Try it: If a line includes "else", copy it out of the entries.

Exercise input:
# # # # #

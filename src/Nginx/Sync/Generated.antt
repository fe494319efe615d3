-- ===== src/Nginx/Sync/Generated.antt =====
-- ensureDeployment and sync of proxy/proxies/nginx/nginx.go on what GenerateDeployment has made.
use loadbalancer_controller.Common.{
  ℕ, String, ◌<>◌, true, false, Option, none, some, if◌then◌else◌, ◌≡◌, refl, ◌∙◌, List, [], ◌∷◌,
  string_eq, nat_eq,
}
use loadbalancer_controller.Common.Effects.{ok}
use loadbalancer_controller.Common.GoMap.{insert, entries, deep_equal_refl}
use loadbalancer_controller.Api.{
  LoadBalancer, Deployment, Container, NodeAffinity, node_affinity_eq,
}
use loadbalancer_controller.Cluster.{Cluster, Library, HasDeepCopy, Call}
use loadbalancer_controller.Nginx.Selector.{Nginx, proxy_name_suffix, selector}
use loadbalancer_controller.Nginx.Generate.{
  generate_deployment, node_affinity, ingress_container, sidecar_container,
}
use loadbalancer_controller.Nginx.ConfigMaps.{write_all}
use loadbalancer_controller.Nginx.Ensure.{corrected, is_changed, ensure_deployment}
use loadbalancer_controller.Nginx.Ensure.Again.{ensure_deployment_lem, containers_changed-own}
use loadbalancer_controller.Workload.Stored.{stored, starts_with-prefix}
use loadbalancer_controller.Workload.Loop.{sync_loop, sync_one, update_ensured, is_generated}
use loadbalancer_controller.LbUtil.Random.{rand_string_bytes_rmndr}
use loadbalancer_controller.LbUtil.{calculate_replicas}

-- A second write of the labels changes nothing.
write_all-selector :
    (lb : LoadBalancer)
    → write_all (entries (selector lb)) (entries (selector lb)) ≡ entries (selector lb)
unfolding write_all insert
write_all-selector lb = refl

-- The affinity and the containers of the generated pods.
abbrev affinity_of : LoadBalancer → Option NodeAffinity
affinity_of lb = if (calculate_replicas lb).1 then some (node_affinity lb) else none

abbrev containers_of : Nginx → LoadBalancer → List Container
containers_of f lb = ingress_container f lb ∷ sidecar_container f lb ∷ []

module _ (L : Library) (D : HasDeepCopy L) (f : Nginx) (keys : List String)
    (lb : LoadBalancer) where
  ensure_deployment-generated :
      (r r' : ℕ → ℕ) (namespace uid resource_version : String) (h : List Call)
      → let old = stored namespace uid resource_version (generate_deployment f r keys lb) in
        ensure_deployment L (generate_deployment f r' keys lb) old h ≡ (ok (old, false), h)
  unfolding generate_deployment corrected is_changed
  ensure_deployment-generated r r' namespace uid resource_version h =
      let old = stored namespace uid resource_version (generate_deployment f r keys lb) in
      ensure_deployment_lem L D (generate_deployment f r' keys lb) old (entries (selector lb))
        (calculate_replicas lb).0 (calculate_replicas lb).0 _ _ h refl refl refl refl refl
      ∙ rw
          (
            write_all-selector lb,
            deep_equal_refl (selector lb),
            (nat_eq.equals_iff (calculate_replicas lb).0 (calculate_replicas lb).0).1 refl,
            (node_affinity_eq.equals_iff (affinity_of lb) (affinity_of lb)).1 refl,
            containers_changed-own (containers_of f lb) ((refl, tt), (tt, tt)),
          )
          refl

  -- The deployment that `GenerateDeployment` makes has the prefix that `sync` looks for.
  is_generated-generated :
      (C : Cluster) (r : ℕ → ℕ) (namespace uid resource_version : String)
      → is_generated C L proxy_name_suffix
          (ensure_deployment L)
          lb
          (stored namespace uid resource_version (generate_deployment f r keys lb))
        ≡ true
  unfolding generate_deployment
  is_generated-generated C r namespace uid resource_version =
      starts_with-prefix lb.name proxy_name_suffix ("-" <> rand_string_bytes_rmndr r 4)

  -- If the one deployment that `sync` finds is what an earlier `sync` of the same load balancer has
  -- generated, with the namespace, uid and version that the API server gave it, then its loop makes
  -- no call, and that deployment is the active one, whatever random names the two have drawn.
  pub sync_loop-generated :
      (C : Cluster) (r r' : ℕ → ℕ) (namespace uid resource_version : String) (start : Deployment)
      (h : List Call)
      → let old = stored namespace uid resource_version (generate_deployment f r keys lb) in
        sync_loop C L proxy_name_suffix
          (ensure_deployment L)
          lb
          (generate_deployment f r' keys lb)
          (old ∷ [])
          false
          start
          h
        ≡ (ok (true, old), h)
  unfolding sync_loop sync_one update_ensured
  sync_loop-generated C r r' namespace uid resource_version start h =
      rw
        (
          is_generated-generated C r namespace uid resource_version,
          ensure_deployment-generated r r' namespace uid resource_version h,
        )
        refl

# # # # #

Exercise response:
  ℕ, String, ◌<>◌, true, false, Option, none, some, if◌then◌else◌, ◌≡◌, refl, ◌∙◌, List, [], ◌∷◌,
affinity_of lb = if (calculate_replicas lb).1 then some (node_affinity lb) else none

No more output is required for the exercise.